Red Lake Nation News - Babaamaajimowinan (Telling of news in different places)

By John Hageman
Bemidji Pioneer 

Opening new restaurant in Bemidji a perfect fit for Marv Hanson


Marv Hanson plans to open Marvelous Fish House and Market May 16 at the site of the former El Mariachi, 801 Washington Ave.S. Monte Draper | Bemidji Pioneer

BEMIDJI — Marv Hanson has worn many hats in his lifetime. But a constant theme runs through his past: a desire to help his fellow American Indians.

Born in Red Lake, Hanson will continue that work when he opens the Marvelous Fish House and Market in the former El Mariachi building next month.

There, fresh walleye from Red Lake Fisheries and wild rice from Red Lake Nation Foods will be served. Moreover, the executive chef preparing those meals is American Indian, and Hanson plans on hiring many tribal members looking for work.

"I think this is really the first major Indian business that has really come to Bemidji," Hanson said. "And given our surrounding Indian population, I know that I’ll have some loyal tribal customers."

Finding Work

After working for Grand Casino as its vice president, Hanson returned to Red Lake and eventually became executive director of New Beginnings, a job placement and skill development program. There, Hanson said he found jobs for American Indians in companies such as Polaris, Walmart and Target.

"The tribe doesn’t have enough jobs for everyone that’s on the reservation," Hanson said. "We had probably 1,300 tribal members looking for jobs when I was running the program."

Hanson got the idea for opening a restaurant while visiting with a representative of the Bemidji Walmart about how many of their customers come from the nearby reservations.

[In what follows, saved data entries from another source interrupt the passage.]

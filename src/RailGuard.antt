-- ===== src/RailGuard.antt =====
-- rdma_rail_chaos_guard.py: the guard that checks every precondition before the trusted executor is
-- asked for a fault, and the recording executor of the tests. The clock, the environment variable of
-- the interlock and the name from uuid4 are arguments.
pub mod Types
pub mod Authorization
pub mod Rollback
mod Tests
use acvjepa_project.Prelude.Int.{ℤ, pos, pos_part, neg_part, sub_ℕ, ◌+ℤ◌, leb_ℤ, int_eq}
use acvjepa_project.Prelude.Text.{code_points, concat}
use acvjepa_project.Prelude.Dict.{Dict, lookup, insert}
use acvjepa_project.Prelude.{
  ltb, if◌then◌else◌, string_eq, nat_eq, ◌==◌, length, contains, set_size, same_set, Result, ok,
  err, Exec, pure, gets, lift, ◌>>=◌, ◌>>◌, raise_if, modify, ◌*◌, String, Bool, true, false, not,
  ◌&&◌, ◌||◌, Option, none, some, List, [], ◌∷◌, ◌++◌,
}
use acvjepa_project.RailGuard.Types.{
  GuardError, weak_secret, interlock_absent, group_not_allowed, profile_unknown, ttl_out_of_range,
  restarts_out_of_range, not_isolated, inventory_mismatch, epoch_missing, precondition_failed,
  topology_differs, manifest_differs, checkpoint_malformed, two_approvals_required,
  approvers_not_distinct, receipt_unknown, rollback_unconfirmed, Bytes, Signing, ChaosMode, dry_run,
  execute, ChaosPhase, injected, rolled_back, Approval, verify, IsolationEvidence,
  RuntimePreconditions, RailFaultExperiment, experiment_digest, GuardPolicy, FaultReceipt,
}

-- `TrustedRailExecutor`, over a state of the executor's own.
pub record Executor (S : Type 0) : Type 0 where
  pub inject : RailFaultExperiment → List Approval → Exec GuardError S FaultReceipt
  pub rollback : FaultReceipt → String → Exec GuardError S FaultReceipt

pub data ExecutorEvent : Type 0 where
  mock_inject : FaultReceipt → List String → ExecutorEvent
  mock_rollback : FaultReceipt → String → ExecutorEvent

pub record RecordingExecutor : Type 0 where
  pub receipts : Dict String FaultReceipt
  pub events : List ExecutorEvent

abbrev pub no_receipts : RecordingExecutor
no_receipts = record { receipts = []; events = [] }

abbrev pub record_receipt : FaultReceipt → ExecutorEvent → RecordingExecutor → RecordingExecutor
record_receipt r e s = record {
  receipts = insert r.executor_receipt_id r s.receipts;
  events = s.events ++ e ∷ [];
}

abbrev pub roles_of : List Approval → List String
roles_of [] = []
roles_of (a ∷ l) = a.role ∷ roles_of l

abbrev pub principals_of : List Approval → List String
principals_of [] = []
principals_of (a ∷ l) = a.principal ∷ principals_of l

-- Seconds in nanoseconds.
abbrev pub in_ns : ℤ → ℤ
in_ns t = sub_ℕ (pos_part t * 1000000000) (neg_part t * 1000000000)

-- `RecordingExecutor.inject`, with the hexadecimal name from uuid4 and the time.
unfoldable pub record_inject :
    Signing
    → String
    → ℤ
    → RailFaultExperiment
    → List Approval
    → Exec GuardError RecordingExecutor FaultReceipt
record_inject h hex now x approvals = do
  let receipt : FaultReceipt = record {
    experiment_id = x.experiment_id;
    phase = injected;
    executor_receipt_id = concat "mock-" hex;
    expires_ns = now +ℤ in_ns x.ttl_seconds;
    request_digest = experiment_digest h x;
  }
  modify (record_receipt receipt (mock_inject receipt (roles_of approvals)))
  pure receipt

abbrev pub is_known : Option FaultReceipt → Bool
is_known none = false
is_known (some r) = true

-- `RecordingExecutor.rollback`
unfoldable pub record_rollback :
    FaultReceipt → String → Exec GuardError RecordingExecutor FaultReceipt
record_rollback receipt reason = do
  known ← gets (λ s. is_known (lookup receipt.executor_receipt_id s.receipts))
  raise_if (not known) receipt_unknown
  let done : FaultReceipt = record receipt { phase = rolled_back }
  modify (record_receipt done (mock_rollback done reason))
  pure done

abbrev pub recording : Signing → String → ℤ → Executor RecordingExecutor
recording h hex now = record { inject = record_inject h hex now; rollback = record_rollback }

pub record RailChaosGuard : Type 0 where
  pub policy : GuardPolicy
  pub approval_secret : Bytes

-- `RailChaosGuard.__init__`
unfoldable pub create : GuardPolicy → Bytes → Result GuardError RailChaosGuard
create policy secret =
    if ltb (length secret) 16
    then err weak_secret
    else ok (record { policy = policy; approval_secret = secret })

abbrev pub verify_all : Signing → String → Bytes → ℤ → List Approval → Result GuardError (Unit {0})
verify_all s digest secret now [] = ok tt
verify_all s digest secret now (a ∷ l) =
    let rest = verify_all s digest secret now l in
    elim (verify s digest secret now a) [ err e ↦ err e | ok _ ↦ rest ]

-- `_validate_dual_approvals`
unfoldable pub validate_dual_approvals :
    Signing → RailChaosGuard → List Approval → String → ℤ → Result GuardError (Unit {0})
validate_dual_approvals s g approvals digest now =
    if not (length approvals == 2)
    then err two_approvals_required
    else if not (same_set (roles_of approvals) ("training_owner" ∷ "infrastructure_owner" ∷ []))
        || not (set_size (principals_of approvals) == 2)
    then err approvers_not_distinct
    else verify_all s digest g.approval_secret now approvals

abbrev pub is_execute : ChaosMode → Bool
is_execute dry_run = false
is_execute execute = true

-- `os.environ.get("CHAOS_EXECUTION_INTERLOCK") == phrase`
abbrev pub is_phrase : String → Option String → Bool
is_phrase phrase none = false
is_phrase phrase (some text) = text == phrase

-- The arguments that the guard's methods share.
pub record Request : Type 0 where
  pub experiment : RailFaultExperiment
  pub approvals : List Approval
  pub isolation : IsolationEvidence
  pub runtime : RuntimePreconditions

-- `validate`, its guards from first to last, with the value of the interlock variable and the time.
unfoldable pub validate :
    Signing → RailChaosGuard → Option String → ℤ → Request → Result GuardError (Unit {0})
validate s g interlock now q =
    if is_execute q.experiment.mode && not (is_phrase g.policy.required_execution_phrase interlock)
    then err interlock_absent
    else if not (contains g.policy.allowed_target_groups q.experiment.target_group)
    then err group_not_allowed
    else if not (contains g.policy.allowed_fault_profiles q.experiment.fault_profile)
    then err profile_unknown
    else if not (
        leb_ℤ (pos 1) q.experiment.ttl_seconds
        && leb_ℤ q.experiment.ttl_seconds g.policy.max_ttl_seconds)
    then err ttl_out_of_range
    else if not (
        leb_ℤ (pos 0) q.experiment.max_restarts
        && leb_ℤ q.experiment.max_restarts g.policy.max_restarts)
    then err restarts_out_of_range
    else if not (q.isolation.environment == g.policy.required_environment)
        || q.isolation.production
        || not q.isolation.dedicated_test_pool
        || q.isolation.shared_fabric
        || q.isolation.robot_control_active
    then err not_isolated
    else if not (q.isolation.target_group == q.experiment.target_group)
        || not (contains q.isolation.allowed_rails q.experiment.rail_id)
    then err inventory_mismatch
    else if q.isolation.inventory_epoch == ""
    then err epoch_missing
    else if not q.runtime.latest_checkpoint_committed
        || not q.runtime.no_active_fault
        || not q.runtime.gpu_health_green
        || not q.runtime.nic_health_green
        || not q.runtime.trace_sink_writable
    then err precondition_failed
    else if not (q.runtime.topology_epoch == q.experiment.expected_topology_epoch)
    then err topology_differs
    else if not (q.runtime.work_manifest_digest == q.experiment.expected_work_manifest_digest)
    then err manifest_differs
    else if not (length (code_points q.runtime.checkpoint_hash) == 64)
    then err checkpoint_malformed
    else validate_dual_approvals s g q.approvals (experiment_digest s q.experiment) now

abbrev pub is_rolled_back : ChaosPhase → Bool
is_rolled_back rolled_back = true
is_rolled_back _ = false

module _ {S : Type 0} (h : Signing) (g : RailChaosGuard) (executor : Executor S) where
  -- `inject`
  unfoldable pub inject : Option String → ℤ → Request → Exec GuardError S FaultReceipt
  inject interlock now q = do
    lift (validate h g interlock now q)
    executor.inject q.experiment q.approvals

  -- `try: observe(receipt)`, `finally: receipt = executor.rollback(…)`: the request for a rollback
  -- comes whatever the observer does, and an exception of its own replaces the observer's.
  abbrev pub observe_and_rollback :
      (FaultReceipt → Exec GuardError S (Unit {0})) → FaultReceipt → Exec GuardError S FaultReceipt
  observe_and_rollback observe receipt s =
      let (seen, s') = observe receipt s in
      let (back, s'') = executor.rollback receipt "bounded_experiment_complete_or_exception" s' in
      elim seen [
        | ok _ ↦ (back, s'')
        | err e ↦ elim back [ ok _ ↦ (err e, s'') | err e' ↦ (err e', s'') ]
      ]

  -- `run_with_rollback`
  unfoldable pub run_with_rollback :
      Option String
      → ℤ
      → Request
      → (FaultReceipt → Exec GuardError S (Unit {0}))
      → Exec GuardError S FaultReceipt
  unfolding inject
  run_with_rollback interlock now q observe = do
    armed ← inject interlock now q
    receipt ← observe_and_rollback observe armed
    raise_if (not (is_rolled_back receipt.phase)) rollback_unconfirmed
    pure receipt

"And when I talked to her about that, I got to thinking, ‘Why don’t we just do something like that?’" Hanson said. "Meaning the tribe, or an individual, do something in Bemidji because there’s so many Indian people who spend money here."

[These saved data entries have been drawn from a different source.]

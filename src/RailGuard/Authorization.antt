-- ===== src/RailGuard/Authorization.antt =====
-- What the guard lets through: a description of an authorized request, beside the code's guards.
use acvjepa_project.Prelude.Int.{ℤ, pos, ◌≤ℤ◌, leb_ℤ, int_eq}
use acvjepa_project.Prelude.Text.{code_points}
use acvjepa_project.Prelude.{
  if◌then◌else◌, string_eq, nat_eq, ◌==◌, length, contains, set_size, same_set, Result, ok, err, ℕ,
  String, ◌≡◌, refl, ◌≢◌, ◌↔◌, ◌⊎◌, Bool, true, false, not, ◌&&◌, ◌||◌, Option, none, some, List,
  [], ◌∷◌, arith, eq_iff,
}
use acvjepa_project.RailGuard.Types.{
  GuardError, interlock_absent, group_not_allowed, profile_unknown, ttl_out_of_range,
  restarts_out_of_range, not_isolated, inventory_mismatch, epoch_missing, precondition_failed,
  topology_differs, manifest_differs, checkpoint_malformed, approvers_not_distinct, Bytes, Signing,
  mac, execute, Approval, approval_payload, sign, is_owner, verify, IsolationEvidence,
  RuntimePreconditions, RailFaultExperiment, experiment_digest, GuardPolicy,
}
use acvjepa_project.RailGuard.{
  RailChaosGuard, verify_all, validate_dual_approvals, is_execute, is_phrase, Request, validate,
}

-- An approval that names its principal, is in its time, and carries the tag of its own fields and of
-- the experiment.
abbrev pub IsSigned : Signing → String → Bytes → ℤ → Approval → Type 0
IsSigned h digest secret now a =
    (a.principal ≢ "")
    × (a.issued_ns ≤ℤ now)
    × (now ≤ℤ a.expires_ns)
    × (mac h secret (approval_payload a.role a.principal digest a.issued_ns a.expires_ns)
        ≡ a.signature)

abbrev pub AreOwners : Approval → Approval → Type 0
AreOwners a b = (a.role ≡ "training_owner") × (b.role ≡ "infrastructure_owner")

-- One signed approval of each owner, from different principals, and no third.
abbrev pub AreDual : Signing → String → Bytes → ℤ → List Approval → Type 0
AreDual h digest secret now (a ∷ b ∷ []) =
    (AreOwners a b ⊎ AreOwners b a)
    × (a.principal ≢ b.principal)
    × IsSigned h digest secret now a
    × IsSigned h digest secret now b
AreDual h digest secret now _ = ⊥

-- The dedicated test pool, which is no production and shares nothing.
abbrev pub IsIsolated : GuardPolicy → IsolationEvidence → Type 0
IsIsolated p i =
    (i.environment ≡ p.required_environment)
    × (i.production ≡ false)
    × (i.dedicated_test_pool ≡ true)
    × (i.shared_fabric ≡ false)
    × (i.robot_control_active ≡ false)

abbrev pub IsInventoried : RailFaultExperiment → IsolationEvidence → Type 0
IsInventoried x i = (i.target_group ≡ x.target_group) × (contains i.allowed_rails x.rail_id ≡ true)

abbrev pub IsHealthy : RuntimePreconditions → Type 0
IsHealthy r =
    (r.latest_checkpoint_committed ≡ true)
    × (r.no_active_fault ≡ true)
    × (r.gpu_health_green ≡ true)
    × (r.nic_health_green ≡ true)
    × (r.trace_sink_writable ≡ true)

abbrev pub IsBetween : ℤ → ℤ → ℤ → Type 0
IsBetween a b x = (a ≤ℤ x) × (x ≤ℤ b)

abbrev pub IsAuthorized : Signing → RailChaosGuard → Option String → ℤ → Request → Type 0
IsAuthorized h g interlock now q =
    let x = q.experiment in
    (x.mode ≡ execute → interlock ≡ some g.policy.required_execution_phrase)
    × (contains g.policy.allowed_target_groups x.target_group ≡ true)
    × (contains g.policy.allowed_fault_profiles x.fault_profile ≡ true)
    × IsBetween (pos 1) g.policy.max_ttl_seconds x.ttl_seconds
    × IsBetween (pos 0) g.policy.max_restarts x.max_restarts
    × IsIsolated g.policy q.isolation
    × IsInventoried x q.isolation
    × (q.isolation.inventory_epoch ≢ "")
    × IsHealthy q.runtime
    × (q.runtime.topology_epoch ≡ x.expected_topology_epoch)
    × (q.runtime.work_manifest_digest ≡ x.expected_work_manifest_digest)
    × (length (code_points q.runtime.checkpoint_hash) ≡ 64)
    × AreDual h (experiment_digest h x) g.approval_secret now q.approvals

module _ (h : Signing) (digest : String) (secret : Bytes) (now : ℤ) where
  verify-ok_iff :
      (a : Approval)
      → (verify h digest secret now a ≡ ok tt)
        ↔ ((is_owner a.role ≡ true) × IsSigned h digest secret now a)
  unfolding verify
  verify-ok_iff a =
      let m = mac h secret (approval_payload a.role a.principal digest a.issued_ns a.expires_ns) in
      ground (arith, eq_iff a.principal "", eq_iff m a.signature)

  two_verified_iff :
      (a b : Approval)
      → (verify_all h digest secret now (a ∷ b ∷ []) ≡ ok tt)
        ↔ ((verify h digest secret now a ≡ ok tt) × (verify h digest secret now b ≡ ok tt))
  two_verified_iff a b = ground arith

owner_iff :
    (r : String) → (is_owner r ≡ true) ↔ ((r ≡ "training_owner") ⊎ (r ≡ "infrastructure_owner"))
owner_iff r = ground (arith, eq_iff r "training_owner", eq_iff r "infrastructure_owner")

-- An approval that an owner with a name signs for an experiment is verified for that experiment exactly
-- in its own time, from the issue to the expiry.
pub verify-sign :
    (h : Signing) (role principal digest : String) (issued expires now : ℤ) (secret : Bytes)
    → (role ≡ "training_owner") ⊎ (role ≡ "infrastructure_owner")
    → principal ≢ ""
    → (verify h digest secret now (sign h role principal digest issued expires secret) ≡ ok tt)
      ↔ ((issued ≤ℤ now) × (now ≤ℤ expires))
unfolding sign
verify-sign h role principal digest issued expires now secret owner named =
    let a = sign h role principal digest issued expires secret in
    let is = verify-ok_iff h digest secret now a in
    (
      (λ e. let (n, i, x, m) = (is.0 e).1 in (i, x)),
      (λ (i, x). is.1 ((owner_iff role).1 owner, (named, i, x, refl))),
    )

owners_of :
    (a b : Approval)
    → AreOwners a b ⊎ AreOwners b a
    → (is_owner a.role ≡ true) × (is_owner b.role ≡ true)
owners_of a b h = ground (arith, owner_iff a.role, owner_iff b.role)

guards_iff :
    (c : Bool) (n : ℕ) (r : Result GuardError (Unit {0}))
    → ((if not c || not (n == 2) then err approvers_not_distinct else r) ≡ ok tt)
      ↔ ((c ≡ true) × (n ≡ 2) × (r ≡ ok tt))
guards_iff c n r = ground arith

roles_iff :
    (r s : String)
    → (same_set (r ∷ s ∷ []) ("training_owner" ∷ "infrastructure_owner" ∷ []) ≡ true) ↔ (
        (r ≡ "training_owner") × (s ≡ "infrastructure_owner")
        ⊎ (s ≡ "training_owner") × (r ≡ "infrastructure_owner"))
roles_iff r s = ground (
  arith,
  eq_iff r "training_owner",
  eq_iff r "infrastructure_owner",
  eq_iff s "training_owner",
  eq_iff s "infrastructure_owner",
  eq_iff "training_owner" r,
  eq_iff "infrastructure_owner" r,
  eq_iff "training_owner" s,
  eq_iff "infrastructure_owner" s,
  eq_iff "training_owner" "infrastructure_owner",
)

principals_iff : (p q : String) → (set_size (p ∷ q ∷ []) ≡ 2) ↔ (p ≢ q)
principals_iff p q = ground (arith, eq_iff p q)

module _ (h : Signing) (g : RailChaosGuard) (digest : String) (now : ℤ) where
  dual_checks :
      (a b : Approval)
      → (validate_dual_approvals h g (a ∷ b ∷ []) digest now ≡ ok tt) ↔ (
          (same_set (a.role ∷ b.role ∷ []) ("training_owner" ∷ "infrastructure_owner" ∷ []) ≡ true)
          × (set_size (a.principal ∷ b.principal ∷ []) ≡ 2)
          × (verify_all h digest g.approval_secret now (a ∷ b ∷ []) ≡ ok tt))
  unfolding validate_dual_approvals
  dual_checks a b =
      let roles =
        same_set (a.role ∷ b.role ∷ []) ("training_owner" ∷ "infrastructure_owner" ∷ []) in
      let n = set_size (a.principal ∷ b.principal ∷ []) in
      let rest = verify_all h digest g.approval_secret now (a ∷ b ∷ []) in guards_iff roles n rest

  AreDual-iff :
      (l : List Approval)
      → (validate_dual_approvals h g l digest now ≡ ok tt)
        ↔ AreDual h digest g.approval_secret now l
  unfolding validate_dual_approvals
  AreDual-iff [] = ground arith
  AreDual-iff (a ∷ []) = ground arith
  AreDual-iff (a ∷ b ∷ []) = (
    (λ e.
        let (roles, differ, both) = (dual_checks a b).0 e in
        let (first, second) = (two_verified_iff h digest g.approval_secret now a b).0 both in
        (
          (roles_iff a.role b.role).0 roles,
          (principals_iff a.principal b.principal).0 differ,
          ((verify-ok_iff h digest g.approval_secret now a).0 first).1,
          ((verify-ok_iff h digest g.approval_secret now b).0 second).1,
        )),
    (λ (owners, differ, first, second).
        let (left, right) = owners_of a b owners in
        (dual_checks a b).1 (
          (roles_iff a.role b.role).1 owners,
          (principals_iff a.principal b.principal).1 differ,
          (two_verified_iff h digest g.approval_secret now a b).1 (
            (verify-ok_iff h digest g.approval_secret now a).1 (left, first),
            (verify-ok_iff h digest g.approval_secret now b).1 (right, second),
          ),
        )),
  )
  AreDual-iff (a ∷ b ∷ c ∷ l) = ground arith

-- A guard lets through what it does not stop and what the rest lets through.
guard_iff :
    {P Q : Type 0} {c : Bool} {r : Result GuardError (Unit {0})} (e : GuardError)
    → ((c ≡ false) ↔ P)
    → ((r ≡ ok tt) ↔ Q)
    → ((if c then err e else r) ≡ ok tt) ↔ (P × Q)
guard_iff e c r = ground (arith, c, r)

module _ (p : GuardPolicy) (x : RailFaultExperiment) where
  interlock_iff :
      (interlock : Option String)
      → ((is_execute x.mode && not (is_phrase p.required_execution_phrase interlock)) ≡ false)
        ↔ (x.mode ≡ execute → interlock ≡ some p.required_execution_phrase)
  interlock_iff none = ground arith
  interlock_iff (some text) = ground (arith, eq_iff text p.required_execution_phrase)

  IsIsolated-iff :
      (i : IsolationEvidence)
      → ((not (i.environment == p.required_environment)
            || i.production
            || not i.dedicated_test_pool
            || i.shared_fabric
            || i.robot_control_active)
          ≡ false)
        ↔ IsIsolated p i
  IsIsolated-iff i = ground (arith, eq_iff i.environment p.required_environment)

  inventory_iff :
      (i : IsolationEvidence)
      → ((not (i.target_group == x.target_group) || not (contains i.allowed_rails x.rail_id))
          ≡ false)
        ↔ IsInventoried x i
  inventory_iff i = ground (arith, eq_iff i.target_group x.target_group)

health_iff :
    (r : RuntimePreconditions)
    → ((not r.latest_checkpoint_committed
          || not r.no_active_fault
          || not r.gpu_health_green
          || not r.nic_health_green
          || not r.trace_sink_writable)
        ≡ false)
      ↔ IsHealthy r
health_iff r = ground arith

range_iff : (a x b : ℤ) → (not (leb_ℤ a x && leb_ℤ x b) ≡ false) ↔ IsBetween a b x
range_iff a x b = ground arith

member_iff : (b : Bool) → (not b ≡ false) ↔ (b ≡ true)
member_iff b = ground arith

present_iff : (s : String) → ((s == "") ≡ false) ↔ (s ≢ "")
present_iff s = ground (arith, eq_iff s "")

same_iff : (a b : String) → (not (a == b) ≡ false) ↔ (a ≡ b)
same_iff a b = ground (arith, eq_iff a b)

sixty_four_iff : (n : ℕ) → (not (n == 64) ≡ false) ↔ (n ≡ 64)
sixty_four_iff n = ground arith

-- validate succeeds exactly on the authorized requests: the experiment is within the policy and, when
-- it is to be executed, the interlock is set; the environment is the isolated test pool, with no
-- production, shared fabric or robot control, and its inventory names the target and the rail; the
-- checkpoint, health, topology and work manifest are as expected; and there are exactly two approvals,
-- one of a training owner and one of an infrastructure owner, of different named principals, each in
-- its time and with the right tag over this experiment.
pub validate-ok_iff :
    (h : Signing) (g : RailChaosGuard) (interlock : Option String) (now : ℤ) (q : Request)
    → (validate h g interlock now q ≡ ok tt) ↔ IsAuthorized h g interlock now q
unfolding validate
validate-ok_iff h g interlock now q =
    let x = q.experiment in
    let guards = guard_iff interlock_absent (interlock_iff g.policy x interlock) (
      guard_iff group_not_allowed
        (member_iff (contains g.policy.allowed_target_groups x.target_group))
        (guard_iff profile_unknown
          (member_iff (contains g.policy.allowed_fault_profiles x.fault_profile))
          (guard_iff ttl_out_of_range (range_iff (pos 1) x.ttl_seconds g.policy.max_ttl_seconds) (
            guard_iff restarts_out_of_range (range_iff (pos 0) x.max_restarts g.policy.max_restarts)
              (guard_iff not_isolated (IsIsolated-iff g.policy x q.isolation) (
                guard_iff inventory_mismatch (inventory_iff g.policy x q.isolation) (
                  guard_iff epoch_missing (present_iff q.isolation.inventory_epoch) (
                    guard_iff precondition_failed (health_iff q.runtime) (
                      guard_iff topology_differs
                        (same_iff q.runtime.topology_epoch x.expected_topology_epoch)
                        (guard_iff manifest_differs
                          (same_iff q.runtime.work_manifest_digest x.expected_work_manifest_digest)
                          (guard_iff checkpoint_malformed
                            (sixty_four_iff (length (code_points q.runtime.checkpoint_hash)))
                            (AreDual-iff h g (experiment_digest h x) now q.approvals)))))))))))) in
    (
      (λ done.
          let (a, (b, (c, (d, (e, (f, (i, (j, (k, (l, (m, (n, o)))))))))))) = guards.0 done in
          (a, b, c, d, e, f, i, j, k, l, m, n, o)),
      (λ (a, b, c, d, e, f, i, j, k, l, m, n, o).
          guards.1 (a, (b, (c, (d, (e, (f, (i, (j, (k, (l, (m, (n, o))))))))))))),
    )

A fish house wasn’t his first choice, however.

Hanson first reached out to representatives from Famous Dave’s, a chain launched by an old friend and mentor Dave Anderson. Hanson had worked with Anderson before he became "Famous Dave," helping launch casinos in Minnesota and across the country.

But that plan fell through.

"And so I decided, ‘You know what, why not do my own?"

Hanson got a hold of Michael Christensen, a chef he’s known since they worked together at Grand Casino 20 years ago.

Christensen, who currently works in Albuquerque, N.M., said he envisions the menu featuring different takes in American Indian dishes, such as hush puppies made out of wild rice. It will also include traditional menu items such as fish and chips, lobster, shrimp and crab legs.

‘Something different’

Hanson’s restaurant will be in the former El Mariachi building located at 801 Washington Ave. S.

The building, owned by Whelan Properties LLC, is being leased by David Mendoza, who also owns Mi Rancho on the north side of town. Hanson will sublease the building from Mendoza to open the fish restaurant.

El Mariachi had been closed over the winter with plans to reopen in the spring until Hanson came along with a proposal for his restaurant.

"I think it’s too much work for me," Mendoza said of running both Mi Rancho and El Mariachi. "I think it’s good for both sides."

The Marvelous Fish House — a named derived by Hanson’s many nicknames growing up — will open May 16. Until then, he’s overseeing the final preparations and the remodel of the building.

The restaurant will be American Indian-themed, with old photos of American Indians lining the walls, a nod to his people’s history.

But looking to their future, Hanson wants to create a scholarship to St. John’s prep school near St. Cloud, Hanson’s alma mater, out of the restaurant’s revenues. He said having a solid education is what allowed him to be successful.

"But more than anything, I think we bring just something that’s different that’s been missing in Bemidji forever," Hanson said of the restaurant. "And being an Indian guy, I feel good about just being that guy that brought that here.

"And hopefully the Bemidji community will be receptive to this place as some of the Indian people will from around Bemidji."